Der Bienenschwarm beginnt direkt mit dem Bau der Waben und macht das ca. 3 – 4 Wochen lang. Es ist wichtig, dass der Schwarm gut und kontinuierlich bauen kann. Die Bienen bauen aber nur, wenn es einen permanent ausreichend Futter gibt. Falls das Wetter nicht mitspielt und es mehrere Tage regnet oder kalt ist, können die Bienen kein Futter sammeln. Es ist daher sehr wichtig, dass in dem ersten Montat durchgehend ausreichend Zugefüttert wird, damit die Bienen auch wirklich ausreichend bauen können.

Praxistipp:
Füttern geht am einfachsten mit flüssigem Zuckerfutter. Dazu mischt man Zucker und Wasser im Mengenverhältniss 1:1 und gibt dieses in einen großen Becher. In den Becher legt man Steine oder Holzstück schräg rein, damit die Bienen wieder aus dem Wasser kommen und nicht ertrinken.

Alternativ kann auch mit selbstgemachtem Futterteig gefüttert werden, den man aber auch über den Imkerhandel beziehen kann!

Für Jungimker empfiehlt es sich den Schwarm in den ersten Wochen durchgehend zu füttern, da man noch nicht das Gespür für Tracht und Wetter hat.

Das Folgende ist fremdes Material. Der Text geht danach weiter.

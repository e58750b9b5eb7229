-- ===== src/Kube.antt =====
-- internal/runtime/kubernetes.go: the runtime on Kubernetes.
pub mod Model
pub mod Pod
pub mod Calls
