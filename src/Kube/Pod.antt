-- ===== src/Kube/Pod.antt =====
-- internal/runtime/kubernetes.go: names, labels and the pod of a sandbox.
pub mod Laws
pub mod Names
use cloud_agent_sandbox.Base.{
  ℕ, Bool, true, false, not, ◌&&◌, ◌||◌, Option, none, some, List, [], ◌∷◌, ◌++◌, Text, bytes, ◌==◌,
  nat_eq, text_eq, if◌then◌else◌,
}
use cloud_agent_sandbox.Base.Dict.{Dict, lookup, insert}
use cloud_agent_sandbox.Base.Int.{ℤ, pos}
use cloud_agent_sandbox.Strings.{trim_prefix}
use cloud_agent_sandbox.Config.Model.{SandboxConfig}
use cloud_agent_sandbox.Runtime.Model.{SandboxSpec, SandboxHandle, SandboxRef, WorkspaceRef}
use cloud_agent_sandbox.Kube.Model.{
  Source, claim, empty_dir, secret, Volume, Mount, SecurityContext, Container, Seccomp,
  runtime_default, localhost, Pod, ContainerStatus, LivePod, LiveClaim,
}

abbrev pub session_label : Text
session_label = bytes "sandbox/session"

abbrev pub pool_label : Text
pool_label = bytes "sandbox/pool"

abbrev pub ca_secret_key : Text
ca_secret_key = bytes "ca.crt"

-- podName, pvcName and caSecretName
unfoldable pub pod_name : Text → Text
pod_name id = bytes "sbx-" ++ id

unfoldable pub pvc_name : Text → Text
pvc_name id = bytes "pvc-" ++ id

unfoldable pub ca_secret_name : Text → Text
ca_secret_name id = bytes "ca-" ++ id

-- sessionIDFromPodName
unfoldable pub session_id_from_pod_name : Text → Text
session_id_from_pod_name = trim_prefix (bytes "sbx-")

-- The copy of one map of labels over another.
unfoldable pub overlay : Dict Text → Dict Text → Dict Text
overlay [] m = m
overlay ((k, v) ∷ es) m = overlay es (insert k v m)

-- KubeRuntime.labels
unfoldable pub labels : SandboxSpec → Dict Text
labels spec =
    overlay spec.labels
      (insert session_label spec.session_id (insert (bytes "app") (bytes "sandbox") []))

-- The value of a missing key is the empty text.
unfoldable pub label_of : Text → Dict Text → Text
label_of k m = elim (lookup k m) [ none ↦ [] | some v ↦ v ]

unfoldable pub image_or_default : Text → Text → Text
image_or_default image fallback = if image == [] then fallback else image

-- imagePullPolicy
unfoldable pub image_pull_policy : Text → Text
image_pull_policy policy =
    if policy == bytes "Always" || policy == bytes "Never" || policy == bytes "IfNotPresent"
    then policy
    else bytes "IfNotPresent"

-- stringPtrOrNil and quantityPtrOrNil
unfoldable pub text_or_nil : Text → Option Text
text_or_nil t = if t == [] then none else some t

-- One entry of resourceList.
unfoldable pub with_resource : Text → Text → Dict Text → Dict Text
with_resource k v m = if v == [] then m else insert k v m

-- resourceList
unfoldable pub resource_list : Text → Text → Text → Dict Text
resource_list cpu memory ephemeral =
    with_resource (bytes "ephemeral-storage") ephemeral
      (with_resource (bytes "memory") memory (with_resource (bytes "cpu") cpu []))

-- seccompProfile
unfoldable pub seccomp_profile : Text → Seccomp
seccomp_profile path = if path == [] then runtime_default else localhost path

-- proxyEnv
unfoldable pub proxy_env : Text → List (Text × Text)
proxy_env endpoint =
    let proxy = bytes "http://" ++ endpoint in
    if endpoint == []
    then []
    else (bytes "HTTPS_PROXY", proxy)
      ∷ (bytes "HTTP_PROXY", proxy)
      ∷ (bytes "https_proxy", proxy)
      ∷ (bytes "http_proxy", proxy)
      ∷ (bytes "NO_PROXY", bytes "localhost,127.0.0.1")
      ∷ (bytes "GH_TOKEN", bytes "sandbox-proxy-injected")
      ∷ []

abbrev ca_bundle_path : Text
ca_bundle_path = bytes "/tmp/ca-bundle.crt"

-- caTrustEnv
unfoldable pub ca_trust_env : Bool → List (Text × Text)
ca_trust_env has_ca =
    if has_ca
    then (bytes "NODE_EXTRA_CA_CERTS", ca_bundle_path)
      ∷ (bytes "REQUESTS_CA_BUNDLE", ca_bundle_path)
      ∷ (bytes "SSL_CERT_FILE", ca_bundle_path)
      ∷ (bytes "GIT_SSL_CAINFO", ca_bundle_path)
      ∷ (bytes "CURL_CA_BUNDLE", ca_bundle_path)
      ∷ []
    else []

-- sandboxInitScript
unfoldable pub sandbox_init_script : Text
sandbox_init_script =
    bytes "\n"
    ++ bytes "if [ -f /etc/sandbox/ca.crt ]; then\n"
    ++ bytes "  if [ -f /etc/ssl/certs/ca-certificates.crt ]; then\n"
    ++ bytes
        "    cat /etc/ssl/certs/ca-certificates.crt /etc/sandbox/ca.crt > /tmp/ca-bundle.crt 2>/dev/null || cp /etc/sandbox/ca.crt /tmp/ca-bundle.crt\n"
    ++ bytes "  else\n"
    ++ bytes "    cp /etc/sandbox/ca.crt /tmp/ca-bundle.crt\n"
    ++ bytes "  fi\n"
    ++ bytes "  git config --global http.sslCAInfo /tmp/ca-bundle.crt 2>/dev/null || true\n"
    ++ bytes "fi\n"
    ++ bytes "exec sleep infinity\n"

module _ (sc : SandboxConfig) where
  unfoldable pub has_ca : SandboxSpec → Bool
  has_ca spec = not (spec.ca_cert == [])

  unfoldable pub volumes_of : SandboxSpec → Text → List Volume
  volumes_of spec pvc =
      (record { name = bytes "workspace"; source = claim pvc })
      ∷ (record { name = bytes "tmp"; source = empty_dir (text_or_nil sc.tmp_size_limit) })
      ∷ (if has_ca spec
          then (record {
            name = bytes "sandbox-ca";
            source = secret (ca_secret_name spec.session_id);
          })
            ∷ []
          else [])

  unfoldable pub mounts_of : SandboxSpec → List Mount
  mounts_of spec =
      (record {
        name = bytes "workspace";
        path = sc.workspace_path;
        sub_path = [];
        read_only = false;
      })
      ∷ (record { name = bytes "tmp"; path = bytes "/tmp"; sub_path = []; read_only = false })
      ∷ (if has_ca spec
          then (record {
            name = bytes "sandbox-ca";
            path = sc.ca_cert_path;
            sub_path = ca_secret_key;
            read_only = true;
          })
            ∷ []
          else [])

  unfoldable pub container_of : SandboxSpec → Container
  container_of spec = record {
    name = bytes "sandbox";
    image = image_or_default spec.image sc.default_image;
    pull_policy = image_pull_policy sc.image_pull_policy;
    command = bytes "/bin/sh" ∷ bytes "-c" ∷ sandbox_init_script ∷ [];
    mounts = mounts_of spec;
    env = proxy_env spec.proxy_endpoint ++ ca_trust_env (has_ca spec);
    limits = resource_list sc.cpu_limit sc.memory_limit sc.ephemeral_storage_limit;
    requests = resource_list sc.cpu_request sc.memory_request sc.ephemeral_storage_request;
    security = record {
      allow_privilege_escalation = false;
      privileged = false;
      read_only_root = not spec.writable_root;
      drop = bytes "ALL" ∷ [];
    };
  }

  unfoldable pub user_of : SandboxSpec → ℤ
  user_of spec = if spec.run_as_root then pos 0 else sc.run_as_user

  -- buildPod
  unfoldable pub build_pod : SandboxSpec → Text → Pod
  build_pod spec pvc = record {
    name = pod_name spec.session_id;
    labels = labels spec;
    automount_token = false;
    restart_policy = bytes "Never";
    runtime_class =
        text_or_nil (if spec.runtime_class == [] then sc.runtime_class else spec.runtime_class);
    run_as_non_root = not spec.run_as_root;
    run_as_user = user_of spec;
    run_as_group = user_of spec;
    fs_group = user_of spec;
    seccomp = seccomp_profile sc.seccomp_profile_path;
    volumes = volumes_of spec pvc;
    containers = container_of spec ∷ [];
  }

-- firstPVCName
unfoldable pub first_pvc_name : List Volume → Text
first_pvc_name [] = []
first_pvc_name (v ∷ vs) = elim v.source [
  | claim c ↦ c
  | empty_dir s ↦ first_pvc_name vs
  | secret s ↦ first_pvc_name vs
]

unfoldable pub all_ready : List ContainerStatus → Bool
all_ready [] = true
all_ready (s ∷ ss) = s.ready && all_ready ss

unfoldable pub is_empty : List ContainerStatus → Bool
is_empty [] = true
is_empty (s ∷ ss) = false

-- handleFromPod
unfoldable pub handle_from_pod : LivePod → SandboxHandle
handle_from_pod p = record {
  pod_name = p.pod.name;
  pvc_name = first_pvc_name p.pod.volumes;
  phase = p.phase;
  ready = p.phase == bytes "Running" && not (is_empty p.statuses) && all_ready p.statuses;
}

-- One pod in ListSandboxes.
unfoldable pub sandbox_ref : LivePod → SandboxRef
sandbox_ref p =
    let id = label_of session_label p.pod.labels in
    record {
      pod_name = p.pod.name;
      pvc_name = pvc_name id;
      session_id = id;
      pool = not (label_of pool_label p.pod.labels == []);
      created_at = p.created_at;
    }

unfoldable pub sandbox_refs : List LivePod → List SandboxRef
sandbox_refs [] = []
sandbox_refs (p ∷ ps) = if p.terminating then sandbox_refs ps else sandbox_ref p ∷ sandbox_refs ps

-- One claim in ListWorkspaces.
unfoldable pub workspace_ref : LiveClaim → WorkspaceRef
workspace_ref c =
    let id = label_of session_label c.object.labels in
    record {
      pvc_name = c.object.name;
      pod_name = pod_name id;
      session_id = id;
      pool = not (label_of pool_label c.object.labels == []);
      created_at = c.created_at;
    }

unfoldable pub workspace_refs : List LiveClaim → List WorkspaceRef
workspace_refs [] = []
workspace_refs (c ∷ cs) =
    if c.terminating then workspace_refs cs else workspace_ref c ∷ workspace_refs cs
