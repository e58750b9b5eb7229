-- ===== src/Kube/Calls.antt =====
-- internal/runtime/kubernetes.go: the operations of KubeRuntime. The API server is an environment
-- with a state `P`; every call may change it and answer anything.
pub mod Laws
use cloud_agent_sandbox.Base.{
  ℕ, zero, suc, Bool, true, false, not, ◌||◌, Option, none, some, List, [], ◌∷◌, ◌++◌, Text, bytes,
  ◌==◌, nat_eq, text_eq, if◌then◌else◌,
}
use cloud_agent_sandbox.Session.Model.{Error, message, wrap, Result, ok, err}
use cloud_agent_sandbox.Steps.{Step, ◌>>=◌, ◌>>◌, pure, fail, from, catch, wrapped, ignore}
use cloud_agent_sandbox.Config.Model.{SandboxConfig}
use cloud_agent_sandbox.Runtime.Model.{SandboxSpec, SandboxHandle, SandboxRef, WorkspaceRef}
use cloud_agent_sandbox.Kube.Model.{
  Pod, ContainerStatus, LivePod, Claim, LiveClaim, Secret, Answer, found, missing, failed,
}
use cloud_agent_sandbox.Kube.Pod.{
  session_label, ca_secret_key, pod_name, pvc_name, ca_secret_name, session_id_from_pod_name,
  labels, label_of, build_pod, handle_from_pod, sandbox_refs, workspace_refs,
}

-- The calls of the API server, and resource.ParseQuantity. `tick` waits for the next tick or the end
-- of the context, and says whether it was the end. The creation of a pod is an argument of its own
-- where it is called.
pub record Api (P : Type 0) : Type 0 where
  pub parse_quantity : Text → Option Error
  pub get_pvc : Text → P → P × Answer LiveClaim
  pub create_pvc : Claim → P → P × Option Error
  pub delete_pvc : Text → P → P × Answer (Unit {0})
  pub create_secret : Secret → P → P × Option Error
  pub delete_secret : Text → P → P × Answer (Unit {0})
  pub get_pod : Text → P → P × Answer LivePod
  pub delete_pod : Text → P → P × Answer (Unit {0})
  pub list_pods : P → P × Result (List LivePod)
  pub list_pvcs : P → P × Result (List LiveClaim)
  pub tick : P → P × Bool

abbrev pub CreatePod : Type 0 → Type 0
CreatePod P = Pod → P → P × Result LivePod

unfoldable pub checked : Option Error → Result (Unit {0})
checked none = ok tt
checked (some e) = err e

-- `if err != nil && !apierrors.IsNotFound(err)`
unfoldable pub gone : Answer (Unit {0}) → Result (Unit {0})
gone (found u) = ok tt
gone missing = ok tt
gone (failed e) = err e

-- The reason and the message of the first container that cannot pull its image.
unfoldable pub pull_error : List ContainerStatus → Option (Text × Text)
pull_error [] = none
pull_error (s ∷ ss) = elim s.waiting [
  | none ↦ pull_error ss
  | some w ↦
      let rest = pull_error ss in
      if w.0 == bytes "ImagePullBackOff" || w.0 == bytes "ErrImagePull" then some w else rest
]

-- The ticks of half a second in the minute that waitPVCGone allows.
abbrev pub claim_ticks : ℕ
claim_ticks = 120

module _ {P : Type 0} (api : Api P) where
  abbrev ask : {A : Type 0} → (P → P × A) → Step P A
  ask f p = ((f p).0, ok (f p).1)

  abbrev pub check : (P → P × Option Error) → Step P (Unit {0})
  check f p = ((f p).0, checked (f p).1)

  abbrev pub remove : (P → P × Answer (Unit {0})) → Step P (Unit {0})
  remove f p = ((f p).0, gone (f p).1)

  -- The loop of waitPVCGone.
  unfoldable pub await_gone : ℕ → Text → Step P (Unit {0})
  await_gone zero name = fail (message (bytes "wait for pvc "))
  await_gone (suc n) name =
      let rest = await_gone n name in
      do
        done ← ask api.tick
        elim done [
          | true ↦ fail (message (bytes "wait for pvc "))
          | false ↦ do
            a ← ask (api.get_pvc name)
            elim a [ found c ↦ rest | missing ↦ pure tt | failed e ↦ rest ]
        ]

  unfoldable pub await_claim : Text → Answer LiveClaim → Step P (Unit {0})
  await_claim name missing = pure tt
  await_claim name (failed e) = fail (wrap (bytes "get pvc ") e)
  await_claim name (found c) = if c.terminating then await_gone claim_ticks name else pure tt

  -- waitPVCGone
  unfoldable pub wait_pvc_gone : Text → Step P (Unit {0})
  wait_pvc_gone name = do a ← ask (api.get_pvc name); await_claim name a

  -- createCASecret
  unfoldable pub create_ca_secret : SandboxSpec → Step P (Unit {0})
  create_ca_secret spec =
      if spec.ca_cert == []
      then pure tt
      else wrapped (bytes "create ca secret ") (
          check (
            api.create_secret (record {
              name = ca_secret_name spec.session_id;
              labels = labels spec;
              data_key = ca_secret_key;
              content = spec.ca_cert;
            })))

  -- deleteCASecret
  unfoldable pub delete_ca_secret : Text → Step P (Unit {0})
  delete_ca_secret id =
      wrapped (bytes "delete ca secret for session ")
        (remove (api.delete_secret (ca_secret_name id)))

  -- Create's clean-up behind a pod that is refused.
  unfoldable pub roll_back : SandboxSpec → Step P (Unit {0})
  roll_back spec = do
    ignore (delete_ca_secret spec.session_id)
    ignore (remove (api.delete_pvc (pvc_name spec.session_id)))

  -- Create in front of the pod.
  unfoldable pub prepare : SandboxConfig → SandboxSpec → Step P (Unit {0})
  prepare sc spec = do
    wrapped (bytes "parse workspace size: ") (from (checked (api.parse_quantity sc.workspace_size)))
    wait_pvc_gone (pvc_name spec.session_id)
    wrapped (bytes "create pvc ") (
        check (
          api.create_pvc (record {
            name = pvc_name spec.session_id;
            labels = labels spec;
            access_modes = bytes "ReadWriteOnce" ∷ [];
            storage = sc.workspace_size;
          })))
    create_ca_secret spec

  -- Create, for the pod that `submit` gives back.
  unfoldable pub create_with :
      SandboxConfig → SandboxSpec → (P → P × Result LivePod) → Step P SandboxHandle
  create_with sc spec submit = do
    prepare sc spec
    p ← catch submit λ e. do roll_back spec; fail (wrap (bytes "create pod ") e)
    pure (handle_from_pod p)

  -- Resume, for the pod that `submit` gives back.
  unfoldable pub resume_with : SandboxSpec → (P → P × Result LivePod) → Step P SandboxHandle
  resume_with spec submit = do
    create_ca_secret spec
    p ← wrapped (bytes "create pod ") submit
    pure (handle_from_pod p)

  -- Create
  unfoldable pub create : SandboxConfig → CreatePod P → SandboxSpec → Step P SandboxHandle
  create sc create_pod spec =
      create_with sc spec (create_pod (build_pod sc spec (pvc_name spec.session_id)))

  -- Resume
  unfoldable pub resume : SandboxConfig → CreatePod P → SandboxSpec → Text → Step P SandboxHandle
  resume sc create_pod spec pvc = resume_with spec (create_pod (build_pod sc spec pvc))

  -- The session whose secret Stop deletes.
  unfoldable pub session_of : Text → Answer LivePod → Result Text
  session_of name (found p) =
      let v = label_of session_label p.pod.labels in
      ok (if v == [] then session_id_from_pod_name name else v)
  session_of name missing = ok (session_id_from_pod_name name)
  session_of name (failed e) = err (wrap (bytes "get pod ") e)

  -- `if sessionID != ""`
  unfoldable pub delete_secret_of : Text → Step P (Unit {0})
  delete_secret_of id = if id == [] then pure tt else delete_ca_secret id

  -- Stop
  unfoldable pub stop : Text → Step P (Unit {0})
  stop name = do
    a ← ask (api.get_pod name)
    id ← from (session_of name a)
    wrapped (bytes "delete pod ") (remove (api.delete_pod name))
    delete_secret_of id

  -- Purge
  unfoldable pub purge : Text → Text → Step P (Unit {0})
  purge name pvc = do
    wrapped (bytes "delete pod ") (remove (api.delete_pod name))
    delete_secret_of (session_id_from_pod_name name)
    wrapped (bytes "delete pvc ") (remove (api.delete_pvc pvc))

  unfoldable pub handle_of : Answer LivePod → Result SandboxHandle
  handle_of (found p) = ok (handle_from_pod p)
  handle_of missing = err (message (bytes "get pod "))
  handle_of (failed e) = err (wrap (bytes "get pod ") e)

  -- Get
  unfoldable pub get : Text → Step P SandboxHandle
  get name = do a ← ask (api.get_pod name); from (handle_of a)

  -- imagePullError
  unfoldable pub image_pull_error : Text → Step P (Option (Text × Text))
  image_pull_error name = do
    a ← ask (api.get_pod name)
    elim a [ found p ↦ pure (pull_error p.statuses) | missing ↦ pure none | failed e ↦ pure none ]

  -- The select of WaitReady: `rest` is the next round.
  unfoldable pub until_tick : Step P (Unit {0}) → Error → Step P (Unit {0})
  until_tick rest e = do done ← ask api.tick; elim done [ true ↦ fail e | false ↦ rest ]

  -- One round of WaitReady behind its Get.
  unfoldable pub ready_round : Text → Step P (Unit {0}) → Result SandboxHandle → Step P (Unit {0})
  ready_round name rest (err e) = until_tick rest (wrap (bytes "wait for pod ") e)
  ready_round name rest (ok h) = if h.ready then pure tt else do
    bad ← image_pull_error name
    elim bad [
      | none ↦ until_tick rest (message (bytes "context deadline exceeded"))
      | some w ↦
          fail (message (bytes "sandbox image cannot be pulled (" ++ w.0 ++ bytes "): " ++ w.1))
    ]

  -- WaitReady, in as many rounds as its deadline allows.
  unfoldable pub wait_ready : ℕ → Text → Step P (Unit {0})
  wait_ready zero name = fail (message (bytes "context deadline exceeded"))
  wait_ready (suc n) name =
      let rest = wait_ready n name in
      do a ← ask (api.get_pod name); ready_round name rest (handle_of a)

  -- ListSandboxes and ListWorkspaces
  unfoldable pub list_sandboxes : Step P (List SandboxRef)
  list_sandboxes = do
    ps ← wrapped (bytes "list sandbox pods: ") api.list_pods
    pure (sandbox_refs ps)

  unfoldable pub list_workspaces : Step P (List WorkspaceRef)
  list_workspaces = do
    cs ← wrapped (bytes "list sandbox pvcs: ") api.list_pvcs
    pure (workspace_refs cs)
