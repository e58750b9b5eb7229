-- ===== src/Strings/Laws.antt =====
-- What the tests of Go's `strings` package say of the concatenations of texts.
use cloud_agent_sandbox.Base.{
  ℕ, ◌≡◌, ◌↔◌, refl, sym, ap, ◌∙◌, inl, inr, true, some, [], ◌∷◌, ◌++◌, append-nil, Text, nat_eq,
  text_eq, arith, Bool-cases, Option-cases,
}
use cloud_agent_sandbox.Strings.{cut_prefix, has_prefix, contains}

pub cut_prefix_iff : (p t u : Text) → (cut_prefix p t ≡ some u) ↔ (t ≡ p ++ u)
unfolding cut_prefix
cut_prefix_iff [] t u = ground arith
cut_prefix_iff (p ∷ ps) [] u = ground arith
cut_prefix_iff (p ∷ ps) (c ∷ t) u = ground (arith, cut_prefix_iff ps t u, nat_eq.beq_iff p c)

pub has_prefix_iff : (p t : Text) → (has_prefix p t ≡ true) ↔ ((u : Text) × (t ≡ p ++ u))
unfolding has_prefix
has_prefix_iff p t = (
  λ h. elim (Option-cases (cut_prefix p t)) [
    | inl e ↦ cc
    | inr (u, e) ↦ (u, (cut_prefix_iff p t u).0 e)
  ],
  λ (u, q). rw ((cut_prefix_iff p t u).1 q, has_prefix) refl,
)

empty_parts : (a p b : Text) → [] ≡ a ++ (p ++ b) → p ≡ []
empty_parts [] [] b q = refl
empty_parts [] (c ∷ p) b q = cc
empty_parts (c ∷ a) p b q = cc

contains_behind :
    (c : ℕ) (t p : Text)
    → ((a b : Text) → t ≡ a ++ (p ++ b) → contains t p ≡ true)
    → (a b : Text) → c ∷ t ≡ a ++ (p ++ b)
    → contains (c ∷ t) p ≡ true
unfolding contains
contains_behind c t p below [] b q =
    let h : has_prefix p (c ∷ t) ≡ true = (has_prefix_iff p (c ∷ t)).1 (b, q) in ground arith
contains_behind c t p below (d ∷ a) b q =
    let h : contains t p ≡ true = below a b (ground arith) in ground arith

contains_parts : (t p : Text) → contains t p ≡ true → (a : Text) × (b : Text) × (t ≡ a ++ (p ++ b))
unfolding contains
contains_parts [] p h =
    let e : p ≡ [] = (text_eq.beq_iff p []).0 h in ([], [], sym e ∙ sym (append-nil p))
contains_parts (c ∷ t) p h = elim (Bool-cases (has_prefix p (c ∷ t))) [
  | inl e ↦ let w = (has_prefix_iff p (c ∷ t)).0 e in ([], w.0, w.1)
  | inr e ↦ let w = contains_parts t p (ground arith) in (c ∷ w.0, w.1, ap (λ k. c ∷ k) w.2)
]

parts_contains : (t p a b : Text) → t ≡ a ++ (p ++ b) → contains t p ≡ true
unfolding contains
parts_contains [] p a b q = (text_eq.beq_iff p []).1 (empty_parts a p b q)
parts_contains (c ∷ t) p a b q = contains_behind c t p (parts_contains t p) a b q

pub contains_iff :
    (t p : Text) → (contains t p ≡ true) ↔ ((a : Text) × (b : Text) × (t ≡ a ++ (p ++ b)))
contains_iff t p = (contains_parts t p, λ w. parts_contains t p w.0 w.1 w.2)
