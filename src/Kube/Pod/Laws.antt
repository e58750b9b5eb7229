-- ===== src/Kube/Pod/Laws.antt =====
-- internal/runtime/kubernetes.go: the posture of the pod of a sandbox, and what is read back of it.
use cloud_agent_sandbox.Base.{
  ◌≡◌, refl, ap, ◌∙◌, inl, inr, Bool, true, false, not, ◌&&◌, ◌||◌, Option, none, some, List, [],
  ◌∷◌, ◌++◌, Text, bytes, ◌==◌, nat_eq, text_eq, list_beq, arith, Bool-cases, Option-cases,
}
use cloud_agent_sandbox.Base.Dict.{Dict, lookup, insert, lookup-insert, HasUniqueKeys}
use cloud_agent_sandbox.Strings.{trim_prefix}
use cloud_agent_sandbox.Strings.Laws.{cut_prefix_iff}
use cloud_agent_sandbox.Config.Model.{SandboxConfig}
use cloud_agent_sandbox.Runtime.Model.{SandboxSpec}
use cloud_agent_sandbox.Kube.Model.{Volume, Mount, SecurityContext, Container, Pod, LivePod}
use cloud_agent_sandbox.Kube.Pod.{
  session_label, pool_label, pod_name, pvc_name, session_id_from_pod_name, overlay, labels,
  label_of, has_ca, volumes_of, mounts_of, container_of, build_pod, first_pvc_name, handle_from_pod,
  sandbox_ref,
}

unfoldable pub is_declared : List Volume → Text → Bool
is_declared [] name = false
is_declared (v ∷ vs) name = v.name == name || is_declared vs name

unfoldable pub are_declared : List Volume → List Mount → Bool
are_declared vs [] = true
are_declared vs (m ∷ ms) = is_declared vs m.name && are_declared vs ms

-- No escalation of privileges, no privileges and no capabilities.
unfoldable pub is_contained : SecurityContext → Bool
is_contained s =
    not s.allow_privilege_escalation
    && not s.privileged
    && list_beq (λ a b. a == b) s.drop (bytes "ALL" ∷ [])

unfoldable pub are_contained : List Volume → List Container → Bool
are_contained vs [] = true
are_contained vs (c ∷ cs) =
    is_contained c.security && are_declared vs c.mounts && are_contained vs cs

-- What a cluster may demand of the pod of a sandbox, which the program does not check itself: no
-- token of a service account, contained containers whose mounts are volumes of the pod, and no
-- root unless `root` allows it.
unfoldable pub is_admissible : Bool → Pod → Bool
is_admissible root pod =
    not pod.automount_token
    && (root || pod.run_as_non_root)
    && are_contained pod.volumes pod.containers

module _ (sc : SandboxConfig) where
  pub build_pod_admissible :
      (spec : SandboxSpec) (pvc : Text)
      → is_admissible spec.run_as_root (build_pod sc spec pvc) ≡ true
  unfolding is_admissible are_contained is_contained are_declared is_declared list_beq build_pod
      container_of volumes_of mounts_of
  build_pod_admissible spec pvc = elim (Bool-cases (has_ca sc spec)) [
    | inl h ↦ rw h (ground arith)
    | inr h ↦ rw h (ground arith)
  ]

lookup-overlay :
    (k : Text) (es m : Dict Text)
    → HasUniqueKeys es
    → lookup k (overlay es m) ≡ elim (lookup k es) [ none ↦ lookup k m | some v ↦ some v ]
unfolding overlay lookup
lookup-overlay k [] m u = refl
lookup-overlay k ((j, v) ∷ es) m u =
    ground (
      arith,
      lookup-overlay k es (insert j v m) u.1,
      lookup-insert j k v m,
      text_eq.beq_iff j k,
      u.0,
    )

trim-append : (p t : Text) → trim_prefix p (p ++ t) ≡ t
unfolding trim_prefix
trim-append p t = rw ((cut_prefix_iff p (p ++ t) t).1 refl, trim_prefix) refl

abbrev own_labels : SandboxSpec → Dict Text
own_labels spec = insert session_label spec.session_id (insert (bytes "app") (bytes "sandbox") [])

abbrev or_empty : Option Text → Text
or_empty none = []
or_empty (some v) = v

labels_session :
    (spec : SandboxSpec)
    → HasUniqueKeys spec.labels
    → lookup session_label spec.labels ≡ none
    → label_of session_label (labels spec) ≡ spec.session_id
unfolding label_of labels lookup insert list_beq
labels_session spec u n =
    ap or_empty (lookup-overlay session_label spec.labels (own_labels spec) u) ∙ rw n refl

labels_pool :
    (spec : SandboxSpec)
    → HasUniqueKeys spec.labels
    → label_of pool_label (labels spec) ≡ label_of pool_label spec.labels
unfolding label_of labels lookup insert list_beq
labels_pool spec u =
    ap or_empty (lookup-overlay pool_label spec.labels (own_labels spec) u)
    ∙ elim (Option-cases (lookup pool_label spec.labels)) [
      | inl n ↦ rw (n, label_of) refl
      | inr (v, q) ↦ rw (q, label_of) refl
    ]

-- What the orchestrator reads back of a sandbox that it has created: from the listed pod its name,
-- the session and whether it is of the pool, from the name of the pod the session, and from the
-- volumes the claim of the workspace. (The labels of the request do not name the session.)
pub sandbox_ref-build_pod :
    (sc : SandboxConfig) (spec : SandboxSpec) (pvc : Text) (p : LivePod)
    → HasUniqueKeys spec.labels
    → lookup session_label spec.labels ≡ none
    → p.pod ≡ build_pod sc spec pvc
    → (sandbox_ref p ≡ record {
      pod_name = pod_name spec.session_id;
      pvc_name = pvc_name spec.session_id;
      session_id = spec.session_id;
      pool = not (label_of pool_label spec.labels == []);
      created_at = p.created_at;
    })
      × (session_id_from_pod_name (sandbox_ref p).pod_name ≡ spec.session_id)
      × ((handle_from_pod p).pvc_name ≡ pvc)
unfolding sandbox_ref handle_from_pod build_pod session_id_from_pod_name pod_name volumes_of
    first_pvc_name
sandbox_ref-build_pod sc spec pvc p u n h =
    rw (h, labels_session spec u n, labels_pool spec u)
      (refl, trim-append (bytes "sbx-") spec.session_id, refl)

Eine Überfütterung schadet den Bienen nicht, allerdings kann eine schlecht ausgebaute Bienenkiste die Bedingungen für die Überwinterung verschlechtern!

 

Der Unterschied zwischen Futterteig und Zuckerwasser besteht zum einen bei der gerigeren Räuberei-Gefahr bei Futterteig, außerdem muss der Teig nicht so oft nachgefüllt und kontrolliert werden. Der Vorteil beim Zuckerwasser ist, dass die Bienen zusätzlich auch den Wasserbedarf mit abdecken können.

Um der Räuberei vorzubeugen, sollte man das Flugloch bei einem jungen Volk grundsätzlich eineengen. Sollte man Räuberei beobachten, kann man das Flugloch sogar auf eine Bienenbreite begrenzen. Um keine fremden Bienen anzulocken, füttert man ausschließlich nachts. Den Behälter mit dem Futter stellt man in den Honigraum (hinterer Raum) und trennt diesen auch mit dem Trennschied.

Wenn das Volk jung ist, also in dem aktuellen Jahr eingezogen sind, sollte man nur kleine Portionen füttern. Vor allem wenn der vordere Raum noch nicht vollständig ausgebaut wurde. Man kann auch durchgehend bis Mitte September füttern, jedoch maximal 1 Liter pro Fütterung. Durch kleine Portionen soll die Brut- und Bautätigkeit angeregt werden. Die Bienen lagern dann nicht so viele Vorräte an, sondern setzen diese in Brut um.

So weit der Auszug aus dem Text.